Les évêques écoutent les pasteurs qui rencontrent ces personnes ; bien souvent également, les évêques connaissent des situations de ce genre. Des experts en sciences humaines font avancer la réflexion. Un discernement s’impose en étant évidemment fidèle à la Parole de Dieu contenue dans l’Écriture et portée par la grande Tradition de l’Église.
Devant des situations nouvelles au plan pastoral, nous cherchons à discerner et nous avons à fortifier la foi de ceux qui cherchent la lumière, le bonheur. Et nous respectons le choix fait en conscience par ceux qui nous interpellent.
Le Cardinal a bien insisté sur ce cheminement dans le discernement moral.
Un pèlerinage comme successeurs des apôtres
Une visite ad limina Apostolorum comprend la prière sur la tombe de l’apôtre Pierre à la Basilique Saint-Pierre et sur la tombe de l’apôtre Paul à la Basilique Saint-Paul hors les murs. Deux martyrs, témoins du Christ mort et ressuscité. Ces deux apôtres ont une mission jusqu’à la consommation des siècles quand le Christ viendra en gloire. Leur être unis fait partie du ministère de l’évêque.
Les évêques célèbrent également à la Basilique Saint-Jean de Latran, la cathédrale de l’évêque de Rome, et à la Basilique Sainte-Marie-Majeure, qui contient l’icône de Marie, Salut du peuple romain, que le Pape François va vénérer avant de partir pour une visite pastorale quelque part sur la planète et après son retour.
Cette année, les évêques ont célébré à l’église du Campo Santo dei Teutonici et dei Fiamminghi (en allemand) et à la Basilique des Saints-Jean-et-Paul, l’église attribuée au Cardinal De Kesel, une église des Passionistes (en italien).
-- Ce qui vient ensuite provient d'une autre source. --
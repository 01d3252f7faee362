-- ===== src/CenterPlugin/Publish/Namespace.antt =====
-- Which kinds a publisher may use, and the publication of a notification.
use relayward_sdk.Base.{
  ℕ, ◌≡◌, ◌⊎◌, ◌≤◌, inl, inr, ◌∙◌, refl, sym, true, false, [], ◌∷◌, ◌++◌, Option, some, Bytes,
  codes, arith, length, beq, beq_iff, Bool-cases, pass,
}
use relayward_sdk.Base.Int.{pos, eqb_ℤ}
use relayward_sdk.Regex.{match_string}
use relayward_sdk.Json.{Codec, RoundTrips, valid}
use relayward_sdk.Contract.{validate_plugin_id}
use relayward_sdk.Agent.Validate.{has_prefix}
use relayward_sdk.CenterPlugin.Text.{uuid_pattern, event_kind_pattern, source_event_id_pattern}
use relayward_sdk.CenterPlugin.Notification.{
  NotificationRequest, event_notification_request, validate_notification_request,
}
use relayward_sdk.CenterPlugin.Notification.RoundTrip.{decode_notification_request_iff}
use relayward_sdk.CenterPlugin.Publish.{
  PublishedEvent, maximum_event_payload_bytes, bad_payload, publisher_namespace, check_notification,
  check_event, check_published, validate_publish_events_request,
}

-- Two prefixes of one text: one of them is a prefix of the other.
has_prefix-both :
    (k s t : Bytes)
    → has_prefix k s ≡ true
    → has_prefix k t ≡ true
    → (has_prefix s t ≡ true) ⊎ (has_prefix t s ≡ true)
unfolding has_prefix
has_prefix-both k [] [] h g = inl refl
has_prefix-both k [] (d ∷ t) h g = inr refl
has_prefix-both k (c ∷ s) [] h g = inl refl
has_prefix-both [] (c ∷ s) (d ∷ t) h g = cc h
has_prefix-both (e ∷ k) (c ∷ s) (d ∷ t) h g =
    elim (has_prefix-both k s t (ground arith) (ground arith)) [
      | inl p ↦ inl (ground arith)
      | inr p ↦ inr (ground arith)
    ]

has_prefix-append : (p s t : Bytes) → has_prefix (p ++ s) (p ++ t) ≡ has_prefix s t
unfolding has_prefix
has_prefix-append [] s t = refl
has_prefix-append (c ∷ p) s t = ground (arith, has_prefix-append p s t)

-- `plugin_id` with a dot, which its namespace ends in.
abbrev pub dotted : Bytes → Bytes
dotted plugin_id = plugin_id ++ codes "."

module _ (codec : Codec NotificationRequest) where
  event-namespace :
      (plugin_id : Bytes) (index : ℕ) (previous : Option Bytes) (event : PublishedEvent)
      → check_event codec plugin_id index previous event ≡ pass
      → beq event.kind event_notification_request ≡ false
      → has_prefix event.kind (publisher_namespace plugin_id) ≡ true
  unfolding check_event
  event-namespace plugin_id index previous event h n = ground arith

  -- Where two publishers may both send events of a kind, it is the kind of notifications, or the ID
  -- of one publisher, with a dot, begins that of the other, with a dot.
  pub shared_kind :
      (p q : Bytes) (i j : ℕ) (before after : Option Bytes) (a b : PublishedEvent)
      → check_event codec p i before a ≡ pass
      → check_event codec q j after b ≡ pass
      → a.kind ≡ b.kind
      → (a.kind ≡ event_notification_request)
        ⊎ ((has_prefix (dotted p) (dotted q) ≡ true) ⊎ (has_prefix (dotted q) (dotted p) ≡ true))
  unfolding publisher_namespace
  shared_kind p q i j before after a b h g e =
      elim (Bool-cases (beq a.kind event_notification_request)) [
        | inl n ↦ inl ((beq_iff a.kind event_notification_request).0 n)
        | inr n ↦
            let m : beq b.kind event_notification_request ≡ false = rw (sym e) n in
            let first = event-namespace p i before a h n in
            let second = event-namespace q j after b g m in
            elim (has_prefix-both a.kind (publisher_namespace p) (publisher_namespace q) first
              (rw e second)) [
                | inl o ↦
                    inr (inl (sym (has_prefix-append (codes "plugin.") (dotted p) (dotted q)) ∙ o))
                | inr o ↦
                    inr (inr (sym (has_prefix-append (codes "plugin.") (dotted q) (dotted p)) ∙ o))
              ]
      ]

  notification_kind : match_string event_kind_pattern event_notification_request ≡ true
  unfolding match_string
  notification_kind = refl

  good_payload :
      (json : Bytes)
      → length json ≤ maximum_event_payload_bytes
      → valid json ≡ true
      → bad_payload json ≡ false
  unfolding bad_payload valid
  good_payload [] b v = cc v
  good_payload (c ∷ json) b v = ground arith

  -- A valid notification that is encoded in at most 256 KiB can be published by every plugin, for a
  -- valid node, under any valid source ID and at any time but the epoch.
  pub publish_notification :
      (plugin_id : Bytes) (event : PublishedEvent) (request : NotificationRequest)
      → validate_plugin_id plugin_id ≡ pass
      → match_string source_event_id_pattern event.source_event_id ≡ true
      → match_string uuid_pattern event.node_id ≡ true
      → event.kind ≡ event_notification_request
      → eqb_ℤ event.observed_at_unix_nano (pos 0) ≡ false
      → length event.json ≤ maximum_event_payload_bytes
      → RoundTrips codec request event.json
      → validate_notification_request request ≡ pass
      → validate_publish_events_request codec (some (record { events = some event ∷ [] })) plugin_id
        ≡ pass
  unfolding validate_publish_events_request check_published check_event check_notification
  publish_notification plugin_id event request p s n k o b law v =
      let payload = good_payload event.json b law.is_valid in
      let decoded = (decode_notification_request_iff codec law).1 v in
      let kind : match_string event_kind_pattern event.kind ≡ true = rw k notification_kind in
      let short : length event.kind ≡ 20 = rw k refl in
      let is_notification : beq event.kind event_notification_request ≡ true =
        (beq_iff event.kind event_notification_request).1 k in
      ground arith
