-- ===== src/CenterPlugin/Services.antt =====
-- centerplugin/v1/validate.go: the services that a center plugin keeps on a node.
pub mod Order
use relayward_sdk.Base.{
  ℕ, ◌+◌, Bool, not, ◌||◌, List, [], ◌∷◌, ◌++◌, Option, none, some, Bytes, codes, ltb, ◌==◌, length,
  errorf, nil, num, error, Check, err, ◌>>◌, pass, reject_if,
}
use relayward_sdk.Regex.{match_string}
use relayward_sdk.Clock.Calendar.{append_int}
use relayward_sdk.Agent.Validate.{not_above}
use relayward_sdk.CenterPlugin.Text.{
  uuid_pattern, service_id_pattern, sha256_pattern, validate_display_name, validate_capabilities,
}

abbrev pub maximum_services : ℕ
maximum_services = 256

pub record PluginService : Type 0 where
  pub id : Bytes
  pub display_name : Bytes
  pub enabled : Bool
  pub capabilities : List Bytes
  pub subscription_sha256 : Bytes

pub record ReplaceServicesRequest : Type 0 where
  pub node_id : Bytes
  pub services : List (Option PluginService)

pub record ServicesReplaced : Type 0 where
  pub service_count : ℕ

-- `fmt.Sprintf("services[%d].display_name", index)` and the same for other fields.
unfoldable pub service_field : ℕ → Bytes → Bytes
service_field index name = codes "services[" ++ (append_int index 1 ++ (codes "]." ++ name))

-- The loop over the services; `previous` is absent in the first round (`index > 0`).
unfoldable pub check_services : ℕ → Option Bytes → List (Option PluginService) → Check
check_services index previous [] = pass
check_services index previous (none ∷ rest) = err (errorf "services[%d]: required" (num index nil))
check_services index previous (some service ∷ rest) = do
  reject_if (not (match_string service_id_pattern service.id))
      (errorf "services[%d].id: invalid service ID" (num index nil))
  reject_if (not_above previous service.id)
      (error "services: values must be sorted by ID and unique")
  validate_display_name (service_field index (codes "display_name")) service.display_name
  validate_capabilities (service_field index (codes "capabilities")) service.capabilities
  reject_if (not (match_string sha256_pattern service.subscription_sha256)) (
      errorf "services[%d].subscription_sha256: must be a lowercase SHA-256 digest" (num index nil))
  check_services (index + 1) (some service.id) rest

unfoldable pub validate_replace_services_request : Option ReplaceServicesRequest → Check
validate_replace_services_request none = err (error "request: required")
validate_replace_services_request (some value) = do
  reject_if (not (match_string uuid_pattern value.node_id)) (error "node_id: invalid node ID")
  reject_if (ltb maximum_services (length value.services))
      (errorf "services: must contain at most %d values" (num maximum_services nil))
  check_services 0 none value.services

check_replaced : Option ReplaceServicesRequest → Option ServicesReplaced → Check
check_replaced none response = pass
check_replaced (some request) none = err (error "response: required")
check_replaced (some request) (some response) =
    reject_if (not (response.service_count == length request.services))
      (error "service_count: does not match the request")

unfoldable pub validate_services_replaced :
    Option ReplaceServicesRequest → Option ServicesReplaced → Check
unfolding check_replaced
validate_services_replaced request response = do
  validate_replace_services_request request
  check_replaced request response
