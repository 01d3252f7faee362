-- ===== src/CenterPlugin/Services/Order.antt =====
-- The services of an accepted request.
use relayward_sdk.Base.{
  ℕ, ◌+◌, ◌≤◌, ◌≡◌, refl, ap, ◌∙◌, List, [], ◌∷◌, Option, some, none, Bytes, arith, length, map,
  length-map, Increasing, Follows, Follows-Increasing, pass,
}
use relayward_sdk.CenterPlugin.Services.{
  PluginService, ReplaceServicesRequest, ServicesReplaced, maximum_services, check_services,
  check_replaced, validate_replace_services_request, validate_services_replaced,
}

abbrev pub service_ids : List PluginService → List Bytes
service_ids services = map (λ service. service.id) services

-- All services are there, and their IDs increase from `p` on.
record Listed (p : Bytes) (values : List (Option PluginService)) : Type 0 where
  services : List PluginService
  present : values ≡ map some services
  follows : Follows p (service_ids services)

check_services-Listed :
    (index : ℕ) (p : Bytes) (values : List (Option PluginService))
    → check_services index (some p) values ≡ pass
    → Listed p values
unfolding check_services
check_services-Listed index p [] h = record { services = []; present = refl; follows = tt }
check_services-Listed index p (none ∷ rest) h = absurd (ground arith)
check_services-Listed index p (some service ∷ rest) h =
    let listed = check_services-Listed (index + 1) service.id rest (ground arith) in
    record {
      services = service ∷ listed.services;
      present = ap (◌∷◌ (some service)) listed.present;
      follows = (ground arith, listed.follows);
    }

-- What an accepted request holds.
pub record Replaceable (values : List (Option PluginService)) : Type 0 where
  pub services : List PluginService
  pub present : values ≡ map some services
  pub increasing : Increasing (service_ids services)
  pub bounded : length services ≤ maximum_services

check_services-Replaceable :
    (values : List (Option PluginService))
    → length values ≤ maximum_services
    → check_services 0 none values ≡ pass
    → Replaceable values
unfolding check_services
check_services-Replaceable [] b h = record {
  services = [];
  present = refl;
  increasing = tt;
  bounded = omega arith;
}
check_services-Replaceable (none ∷ rest) b h = absurd (ground arith)
check_services-Replaceable (some service ∷ rest) b h =
    let listed = check_services-Listed 1 service.id rest (ground arith) in
    let long = ap length listed.present ∙ length-map some listed.services in
    record {
      services = service ∷ listed.services;
      present = ap (◌∷◌ (some service)) listed.present;
      increasing = Follows-Increasing service.id (service_ids listed.services) listed.follows;
      bounded = omega (arith, b, long);
    }

-- In an accepted request every service is there, their IDs increase strictly, and they are at most
-- 256. An accepted answer counts exactly these.
pub accepted_services :
    (request : ReplaceServicesRequest) (response : ServicesReplaced)
    → validate_services_replaced (some request) (some response) ≡ pass
    → Replaceable request.services × (response.service_count ≡ length request.services)
unfolding validate_services_replaced validate_replace_services_request check_replaced
accepted_services request response h =
    (check_services-Replaceable request.services (ground arith) (ground arith), ground arith)
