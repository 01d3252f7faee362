-- ===== src/CenterPlugin/Subscription.antt =====
-- centerplugin/v1/validate.go: the rendering of subscriptions. `url.Parse` is a parameter; the total
-- of the bytes is a number, since the lengths of texts in memory do not add up to 2 ^ 63.
pub mod Aligned
pub mod Services
pub mod Names
use relayward_sdk.Base.{
  ℕ, ◌+◌, ◌*◌, ◌^◌, Bool, true, not, ◌||◌, List, [], ◌∷◌, Option, none, some, Bytes, codes, beq,
  ltb, ◌==◌, length, errorf, nil, num, text, cause, error, Check, Result, ok, err, ◌>>◌, ◌>>=◌,
  pass, reject_if, or_else_error,
}
use relayward_sdk.Regex.{match_string}
use relayward_sdk.Unicode.{is_trimmed}
use relayward_sdk.Agent.Validate.{not_above}
use relayward_sdk.Agent.Plugins.{ParseUrl, Url}
use relayward_sdk.CenterPlugin.Text.{
  uuid_pattern, service_id_pattern, has_no_space, validate_display_name, validate_json_object,
}
use relayward_sdk.CenterPlugin.Services.{maximum_services, service_field}

abbrev pub maximum_fragments_per_format : ℕ
maximum_fragments_per_format = 32

abbrev pub maximum_fragment_bytes : ℕ
maximum_fragment_bytes = 64 * 2 ^ 10

abbrev pub maximum_subscription_bytes : ℕ
maximum_subscription_bytes = 512 * 2 ^ 10

pub record SubscriptionServiceBinding : Type 0 where
  pub service_id : Bytes
  pub display_name : Bytes

pub record RenderSubscriptionRequest : Type 0 where
  pub authorization_id : Bytes
  pub node_id : Bytes
  pub services : List (Option SubscriptionServiceBinding)

pub record SubscriptionServiceContribution : Type 0 where
  pub service_id : Bytes
  pub display_name : Bytes
  pub uris : List Bytes
  pub mihomo_proxies_json : List Bytes
  pub sing_box_outbounds_json : List Bytes

pub record RenderSubscriptionResponse : Type 0 where
  pub services : List (Option SubscriptionServiceContribution)

-- The loop over the services of the request.
unfoldable pub check_bindings : ℕ → Option Bytes → List (Option SubscriptionServiceBinding) → Check
check_bindings index previous [] = pass
check_bindings index previous (none ∷ rest) = err (errorf "services[%d]: required" (num index nil))
check_bindings index previous (some service ∷ rest) = do
  reject_if (not (match_string service_id_pattern service.service_id))
      (errorf "services[%d].service_id: invalid service ID" (num index nil))
  reject_if (not_above previous service.service_id)
      (error "services: values must be sorted by service ID and unique")
  validate_display_name (service_field index (codes "display_name")) service.display_name
  check_bindings (index + 1) (some service.service_id) rest

unfoldable pub validate_render_subscription_request : Option RenderSubscriptionRequest → Check
validate_render_subscription_request none = err (error "request: required")
validate_render_subscription_request (some value) = do
  reject_if (not (match_string uuid_pattern value.authorization_id))
      (error "authorization_id: invalid authorization ID")
  reject_if (not (match_string uuid_pattern value.node_id)) (error "node_id: invalid node ID")
  reject_if (length value.services == 0 || ltb maximum_services (length value.services))
      (errorf "services: must contain 1 to %d values" (num maximum_services nil))
  check_bindings 0 none value.services

-- `err != nil || parsed.Scheme == ""`
unfoldable pub is_relative : Option Url → Bool
is_relative none = true
is_relative (some parsed) = beq parsed.scheme []

-- The loop over the fragments of one format, with the bytes counted so far.
unfoldable pub check_fragments : ℕ → Bytes → ℕ → ℕ → List Bytes → Result ℕ
check_fragments index name fragment_index total_bytes [] = ok total_bytes
check_fragments index name fragment_index total_bytes (raw ∷ rest) = do
  reject_if (ltb maximum_fragment_bytes (length raw)) (
      errorf "services[%d].%s[%d]: must contain at most %d bytes"
        (num index (text name (num fragment_index (num maximum_fragment_bytes nil)))))
  or_else_error (validate_json_object raw) (λ e.
      errorf "services[%d].%s[%d]: %w" (num index (text name (num fragment_index (cause e nil)))))
  check_fragments index name (fragment_index + 1) (total_bytes + length raw) rest

module _ (parse_url : ParseUrl) where
  unfoldable pub validate_subscription_uri : Bytes → Check
  validate_subscription_uri value = do
    reject_if (beq value [] || ltb 8192 (length value) || not (is_trimmed value))
        (error "must contain 1 to 8192 trimmed bytes")
    reject_if (not (has_no_space value)) (error "must not contain whitespace or control characters")
    reject_if (is_relative (parse_url value)) (error "must be an absolute URI")

  -- The loop over the URIs.
  unfoldable pub check_uris : ℕ → ℕ → Option Bytes → ℕ → List Bytes → Result ℕ
  check_uris index uri_index previous total_bytes [] = ok total_bytes
  check_uris index uri_index previous total_bytes (raw ∷ rest) = do
    reject_if (not_above previous raw)
        (errorf "services[%d].uris: values must be sorted and unique" (num index nil))
    or_else_error (validate_subscription_uri raw)
        (λ e. errorf "services[%d].uris[%d]: %w" (num index (num uri_index (cause e nil))))
    check_uris index (uri_index + 1) (some raw) (total_bytes + length raw) rest

  -- One round of the loop over the contributions; it returns the bytes counted so far.
  unfoldable pub check_contribution :
      ℕ → ℕ → SubscriptionServiceBinding → SubscriptionServiceContribution → Result ℕ
  check_contribution index total_bytes service contribution = do
    reject_if (not (beq contribution.service_id service.service_id))
        (errorf "services[%d].service_id: does not match the request" (num index nil))
    validate_display_name (service_field index (codes "display_name")) contribution.display_name
    reject_if
        (length contribution.uris
            + length contribution.mihomo_proxies_json
            + length contribution.sing_box_outbounds_json
          == 0)
        (errorf "services[%d]: must contribute at least one subscription fragment" (num index nil))
    reject_if
        (ltb maximum_fragments_per_format (length contribution.uris)
          || ltb maximum_fragments_per_format (length contribution.mihomo_proxies_json)
          || ltb maximum_fragments_per_format (length contribution.sing_box_outbounds_json))
        (errorf "services[%d]: each format must contain at most %d fragments"
          (num index (num maximum_fragments_per_format nil)))
    with_uris ← check_uris index 0 none total_bytes contribution.uris
    with_mihomo ←
        check_fragments index (codes "mihomo_proxies_json") 0 with_uris
          contribution.mihomo_proxies_json
    with_all ←
        check_fragments index (codes "sing_box_outbounds_json") 0 with_mihomo
          contribution.sing_box_outbounds_json
    reject_if (ltb maximum_subscription_bytes with_all) (
        errorf "response: subscription fragments exceed %d bytes"
          (num maximum_subscription_bytes nil))
    ok with_all

  -- The loop over the contributions, next to the services of the request. The lists are of one
  -- length and no service of the request is nil, so the last two clauses are not reached.
  unfoldable pub check_contributions :
      ℕ
      → ℕ
      → List (Option SubscriptionServiceBinding)
      → List (Option SubscriptionServiceContribution)
      → Check
  check_contributions index total_bytes services [] = pass
  check_contributions index total_bytes services (none ∷ rest) =
      err (errorf "services[%d]: required" (num index nil))
  check_contributions index total_bytes (some service ∷ services) (some contribution ∷ rest) = do
    total ← check_contribution index total_bytes service contribution
    check_contributions (index + 1) total services rest
  check_contributions index total_bytes [] (some contribution ∷ rest) = pass
  check_contributions index total_bytes (none ∷ services) (some contribution ∷ rest) = pass

  check_rendered : Option RenderSubscriptionRequest → Option RenderSubscriptionResponse → Check
  check_rendered none response = pass
  check_rendered (some request) none = err (error "response: required")
  check_rendered (some request) (some response) = do
    reject_if (not (length response.services == length request.services))
        (error "services: must contain one contribution for every requested service")
    check_contributions 0 0 request.services response.services

  unfoldable pub validate_render_subscription_response :
      Option RenderSubscriptionRequest → Option RenderSubscriptionResponse → Check
  unfolding check_rendered
  validate_render_subscription_response request response = do
    validate_render_subscription_request request
    check_rendered request response
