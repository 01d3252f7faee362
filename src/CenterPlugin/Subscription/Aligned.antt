-- ===== src/CenterPlugin/Subscription/Aligned.antt =====
-- What an accepted answer contributes: one contribution for each service of the request, in their
-- order, within the bounds on the fragments.
use relayward_sdk.Base.{
  ℕ, ◌+◌, ◌≤◌, ◌≡◌, refl, sym, ap, List, [], ◌∷◌, Option, some, none, Bytes, codes, arith, length,
  map, All, All2, total_length, length-map, beq_iff, Result-cases, inl, inr, ok, pass,
}
use relayward_sdk.Agent.Plugins.{ParseUrl}
use relayward_sdk.CenterPlugin.Text.{validate_json_object}
use relayward_sdk.CenterPlugin.Subscription.{
  SubscriptionServiceBinding, SubscriptionServiceContribution, RenderSubscriptionRequest,
  RenderSubscriptionResponse, maximum_fragments_per_format, maximum_fragment_bytes,
  maximum_subscription_bytes, check_bindings, check_fragments, validate_subscription_uri,
  check_uris, check_contribution, check_contributions, check_rendered,
  validate_render_subscription_request, validate_render_subscription_response,
}

-- The bytes of all fragments of a contribution, and of all contributions.
abbrev pub contribution_bytes : SubscriptionServiceContribution → ℕ
contribution_bytes c =
    total_length c.uris
    + (total_length c.mihomo_proxies_json + total_length c.sing_box_outbounds_json)

abbrev pub all_bytes : List SubscriptionServiceContribution → ℕ
all_bytes [] = 0
all_bytes (c ∷ rest) = contribution_bytes c + all_bytes rest

abbrev pub Fragment : Bytes → Type 0
Fragment raw = (validate_json_object raw ≡ pass) × (length raw ≤ maximum_fragment_bytes)

check_fragments-Fragment :
    (index : ℕ) (name : Bytes) (i total t : ℕ) (values : List Bytes)
    → check_fragments index name i total values ≡ ok t
    → All Fragment values × (t ≡ total + total_length values)
unfolding check_fragments
check_fragments-Fragment index name i total t [] h = (tt, ground arith)
check_fragments-Fragment index name i total t (raw ∷ rest) h =
    let (a, e) =
      check_fragments-Fragment index name (i + 1) (total + length raw) t rest (ground arith) in
    (((ground arith, ground arith), a), omega (arith, e))

module _ (parse_url : ParseUrl) where
  -- A contribution for a service of the request.
  pub record Contributes (service : SubscriptionServiceBinding)
      (c : SubscriptionServiceContribution) : Type 0 where
    pub same_service : c.service_id ≡ service.service_id
    pub uris_valid : All (λ raw. validate_subscription_uri parse_url raw ≡ pass) c.uris
    pub mihomo_valid : All Fragment c.mihomo_proxies_json
    pub sing_box_valid : All Fragment c.sing_box_outbounds_json
    pub some_fragment :
        1 ≤ length c.uris + length c.mihomo_proxies_json + length c.sing_box_outbounds_json
    pub few_uris : length c.uris ≤ maximum_fragments_per_format
    pub few_mihomo : length c.mihomo_proxies_json ≤ maximum_fragments_per_format
    pub few_sing_box : length c.sing_box_outbounds_json ≤ maximum_fragments_per_format

  check_uris-valid :
      (index i : ℕ) (previous : Option Bytes) (total t : ℕ) (values : List Bytes)
      → check_uris parse_url index i previous total values ≡ ok t
      → All (λ raw. validate_subscription_uri parse_url raw ≡ pass) values
        × (t ≡ total + total_length values)
  unfolding check_uris
  check_uris-valid index i previous total t [] h = (tt, ground arith)
  check_uris-valid index i previous total t (raw ∷ rest) h =
      let (a, e) =
        check_uris-valid index (i + 1) (some raw) (total + length raw) t rest (ground arith) in
      ((ground arith, a), omega (arith, e))

  check_contribution-Contributes :
      (index total t : ℕ) (s : SubscriptionServiceBinding) (c : SubscriptionServiceContribution)
      → check_contribution parse_url index total s c ≡ ok t
      → Contributes s c × (t ≡ total + contribution_bytes c) × (t ≤ maximum_subscription_bytes)
  unfolding check_contribution
  check_contribution-Contributes index total t s c h =
      elim (Result-cases (check_uris parse_url index 0 none total c.uris)) [
        | inr (e, failed) ↦ absurd (ground arith)
        | inl (u, uris) ↦
            elim (Result-cases
              (check_fragments index (codes "mihomo_proxies_json") 0 u c.mihomo_proxies_json)) [
                | inr (e, failed) ↦ absurd (ground arith)
                | inl (m, mihomo) ↦
                    let sing_box : check_fragments index (codes "sing_box_outbounds_json") 0 m
                          c.sing_box_outbounds_json
                        ≡ ok t =
                      ground arith in
                    let (a, d) = check_uris-valid index 0 none total u c.uris uris in
                    let (b, f) =
                      check_fragments-Fragment index (codes "mihomo_proxies_json") 0 u m
                        c.mihomo_proxies_json mihomo in
                    let (o, g) =
                      check_fragments-Fragment index (codes "sing_box_outbounds_json") 0 m t
                        c.sing_box_outbounds_json sing_box in
                    (
                      record {
                        same_service = (beq_iff c.service_id s.service_id).0 (ground arith);
                        uris_valid = a;
                        mihomo_valid = b;
                        sing_box_valid = o;
                        some_fragment = ground arith;
                        few_uris = ground arith;
                        few_mihomo = ground arith;
                        few_sing_box = ground arith;
                      },
                      omega (arith, d, f, g),
                      ground arith,
                    )
              ]
      ]

  -- The contributions next to the services.
  pub record Aligned (total : ℕ) (bindings : List SubscriptionServiceBinding)
      (values : List (Option SubscriptionServiceContribution)) : Type 0 where
    pub contributions : List SubscriptionServiceContribution
    pub present : values ≡ map some contributions
    pub contribute : All2 Contributes bindings contributions
    pub bounded : total + all_bytes contributions ≤ maximum_subscription_bytes

  check_contributions-Aligned :
      (index total : ℕ) (bindings : List SubscriptionServiceBinding)
      (values : List (Option SubscriptionServiceContribution))
      → check_contributions parse_url index total (map some bindings) values ≡ pass
      → length values ≡ length bindings
      → total ≤ maximum_subscription_bytes
      → Aligned total bindings values
  unfolding check_contributions
  check_contributions-Aligned index total [] [] h l b = record {
    contributions = [];
    present = refl;
    contribute = tt;
    bounded = omega (arith, b);
  }
  check_contributions-Aligned index total (s ∷ bindings) [] h l b = absurd (omega (arith, l))
  check_contributions-Aligned index total [] (c ∷ values) h l b = absurd (omega (arith, l))
  check_contributions-Aligned index total (s ∷ bindings) (none ∷ values) h l b =
      absurd (ground arith)
  check_contributions-Aligned index total (s ∷ bindings) (some c ∷ values) h l b =
      elim (Result-cases (check_contribution parse_url index total s c)) [
        | inr (e, failed) ↦ absurd (ground arith)
        | inl (t, checked) ↦
            let (contributes, sum, bound) =
              check_contribution-Contributes index total t s c checked in
            let more =
              check_contributions-Aligned (index + 1) t bindings values (ground arith)
                (omega (arith, l)) bound in
            record {
              contributions = c ∷ more.contributions;
              present = ap (◌∷◌ (some c)) more.present;
              contribute = (contributes, more.contribute);
              bounded = omega (arith, sum, more.bounded);
            }
      ]

check_bindings-present :
    (index : ℕ) (previous : Option Bytes) (services : List (Option SubscriptionServiceBinding))
    → check_bindings index previous services ≡ pass
    → (bindings : List SubscriptionServiceBinding) × (services ≡ map some bindings)
unfolding check_bindings
check_bindings-present index previous [] h = ([], refl)
check_bindings-present index previous (none ∷ rest) h = absurd (ground arith)
check_bindings-present index previous (some service ∷ rest) h =
    let (bindings, e) =
      check_bindings-present (index + 1) (some service.service_id) rest (ground arith) in
    (service ∷ bindings, ap (◌∷◌ (some service)) e)

-- An accepted answer has one contribution for each service of the request, in their order; each has
-- the ID of its service, at least one fragment, and fragments that are valid; and all fragments
-- together take at most 512 KiB.
pub accepted_subscription :
    (parse_url : ParseUrl) (request : RenderSubscriptionRequest)
    (response : RenderSubscriptionResponse)
    → validate_render_subscription_response parse_url (some request) (some response) ≡ pass
    → (bindings : List SubscriptionServiceBinding) × (request.services ≡ map some bindings)
      × Aligned parse_url 0 bindings response.services
unfolding validate_render_subscription_response validate_render_subscription_request check_rendered
accepted_subscription parse_url request response h =
    let (bindings, e) = check_bindings-present 0 none request.services (ground arith) in
    let checked : check_contributions parse_url 0 0 (map some bindings) response.services ≡ pass =
      rw (sym e) (ground arith) in
    let long : length response.services ≡ length bindings =
      ground (arith, ap length e, length-map some bindings) in
    (
      bindings,
      e,
      check_contributions-Aligned parse_url 0 0 bindings response.services checked long
          (omega arith),
    )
Le premier dimanche de l’Avent, le Cardinal a présidé l’eucharistie de 9 h en la Basilique Saint-Pierre.
Nous avons aussi célébré les vêpres à l’église Saint-Julien-des-Flamands, suivies du Te Deum pour le Roi.
Enfin, nous avons eu la joie d’être reçus par l’ambassadeur de Belgique près le Saint-Siège, M. Patrick Renault ; par la communauté belge à Saint-Julien-des-Flamands, qui est l’église nationale belge à Rome ; par le Collège belge et la Communauté des Frères de la Charité ; par l’ambassade de Belgique pour la conférence de presse du Cardinal et la collation qui a suivi.
Merci aux deux porte-parole, le Père Tommy Scholtes et M. Geert De Kerpel ; merci au Secrétaire général de la Conférence épiscopale, Mgr Herman Cosijns, et au Recteur du Collège belge, Mgr Dirk Smet, qui ont, avec discrétion et compétence, préparé et accompagné cette visite ad limina.